Soon after Imran Khan-led PTI government came to power, one of their goals was to yank foreign investors in the country. The processors of Imran Khan wanted the same; however, the dismal condition of Pakistan hindered them.
Currently, despite going from the ultimate financial crises, the inflow of foreign funds are surging in Pakistan. Pakistan has witnessed an exceptional influx of foreign money this year. Global businessmen purchased 1-year bonds worth $642 million in November alone.
Plus, that is anticipated to reach around $3 billion by the end of the financial year. High-interest rates and guarantees of economic reform are luring foreign investors.
Foreign direct investment (FDI) rose 200 percent
According to the financial adviser to Prime Minister Imran Khan, Abdul Hafeez Shaikh, foreign direct investment (FDI) rose 200 percent in the first half of 2019. Besides, stocks have also surged, with the central Karachi stock index risen by 13percent over the past month. This made Karachi Stock Exchange the best-performing stock exchange of the 94 tracked by Bloomberg.
Charles Robertson from Renaissance Capital told Deutsche Welle, “A double-digit yield on a cheap currency is a good value trade in itself.
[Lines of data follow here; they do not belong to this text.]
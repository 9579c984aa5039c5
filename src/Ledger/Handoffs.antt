-- ===== src/Ledger/Handoffs.antt =====
-- src/model.ts: `assertTypedHandoff`, and how a handoff is bound to the Job.
use herdr_harness_lite.Base.{
  Option, ℕ, String, Bool, ◌otherwise◌, none, true, is_none, ◌==◌, ◌&&◌, some, string_eq, ◌+◌, leb,
  option_eq, nat_eq, length, every, is_some,
}
use herdr_harness_lite.Model.Job.{Job, JobState, worker_ready, reviewer_ready, job_state_eq}
use herdr_harness_lite.Model.Platform.{Platform}
use herdr_harness_lite.Model.Snapshot.{Lane, worker, reviewer, lane_eq}
use herdr_harness_lite.Model.Attempt.{Attempt}
use herdr_harness_lite.Model.Handoff.{HandoffObligation, HandoffTarget, TypedHandoff, HandoffBody}
use herdr_harness_lite.Base.Text.{◌<>◌, is_bounded_text, take_text, is_hex}
use herdr_harness_lite.Model.Digest.{digest}
use herdr_harness_lite.Model.Encode.{handoff_value}

abbrev optional_text : Option String → Bool
optional_text none = true
optional_text (some s) = is_bounded_text s 512

abbrev optional_hex : ℕ → Option String → Bool
optional_hex n none = true
optional_hex n (some s) = is_hex n s

is_obligation : HandoffObligation → Bool
is_obligation o =
    is_bounded_text o.summary 10000
    && elim o.evidence [ none ↦ true | some e ↦ is_bounded_text e 10000 ]

-- `handoff-<the first 32 digits of the digest of the body>`
unfoldable pub handoff_id : Platform → HandoffBody → String
handoff_id platform body = "handoff-" <> take_text 32 (digest platform (handoff_value body))

unfoldable pub is_typed_handoff : Platform → TypedHandoff → Bool
unfolding is_obligation
is_typed_handoff platform h =
    let b = h.body in
    b.version == 1
    && h.id == handoff_id platform b
    && is_hex 64 b.source.task_digest
    && optional_text b.source.attempt_id
    && optional_hex 64 b.source.result_digest
    && optional_text b.source.incident_id
    && optional_hex 64 b.source.evidence_digest
    && optional_text b.source.analysis_id
    && optional_text b.source.approval_id
    && optional_hex 40 b.source.head_sha
    && is_hex 40 b.target.base_sha
    && optional_hex 40 b.target.expected_head_sha
    && optional_hex 40 b.target.expected_remote_head_sha
    && is_bounded_text b.summary 10000
    && leb (length b.obligations) 100
    && every is_obligation b.obligations
    && leb (length b.evidence_refs) 100
    && every (λ e. is_bounded_text e 2000) b.evidence_refs
    && leb (length b.unknowns) 100
    && every (λ e. is_bounded_text e 2000) b.unknowns
    && is_some (platform.parse_date b.created_at)

-- The state in which the next Attempt of a lane is prepared.
abbrev pub ready_state : Lane → JobState
ready_state worker = worker_ready
ready_state reviewer = reviewer_ready

abbrev pub pull_request_head : Job → Option String
pull_request_head job = elim job.pull_request [ none ↦ none | some p ↦ some p.head_sha ]

-- What a handoff to a lane is anchored to.
abbrev pub target_of : Job → Lane → HandoffTarget
target_of job worker = record {
  lane = worker;
  base_sha = job.head_sha otherwise job.base_sha;
  expected_head_sha = none;
  expected_remote_head_sha = pull_request_head job;
}
target_of job reviewer = record {
  lane = reviewer;
  base_sha = job.base_sha;
  expected_head_sha = job.head_sha;
  expected_remote_head_sha = none;
}

unfoldable pub is_bound_to_next : Job → TypedHandoff → Bool
is_bound_to_next job h =
    let source = h.body.source in
    let target = h.body.target in
    let anchor = target_of job target.lane in
    is_none job.active_attempt
    && job.state == ready_state target.lane
    && source.job_revision + 1 == job.revision
    && source.task_digest == job.task.digest
    && target.base_sha == anchor.base_sha
    && target.expected_head_sha == anchor.expected_head_sha
    && target.expected_remote_head_sha == anchor.expected_remote_head_sha

abbrev pub envelope_handoff : Attempt → Option TypedHandoff
envelope_handoff a = elim a.context_envelope [ none ↦ none | some e ↦ e.handoff ]

unfoldable pub targets_attempt : Job → Attempt → TypedHandoff → Bool
targets_attempt job a h =
    let target = h.body.target in
    h.body.source.task_digest == job.task.digest
    && target.lane == a.lane
    && target.base_sha == a.base_sha
    && target.expected_head_sha == a.expected_head_sha
    && target.expected_remote_head_sha == a.expected_remote_head_sha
I would recommend investors keep buying Pakistan while it offers double-digit interest rates.”
Robertson continued that even central bank percentage cuts of a few per cent would still make Pakistan attractive.
“The current policy choices of Pakistan offer the country the best chance of getting onto a sustainable growth path. Borrowing costs are lower thanks to foreign investors buying government debt.”
Central bank data revealed that of 1-year papers bought in November, 55 per cent were from the United Kingdom and 44 per cent from the United States. Moreover, Habib Bank CEO Muhammad Aurangzeb stated that Pakistan intends to issue $1 billion worth of ‘Panda bonds’ in the first fraction of 2020 in the Chinese market for the first time in yuan.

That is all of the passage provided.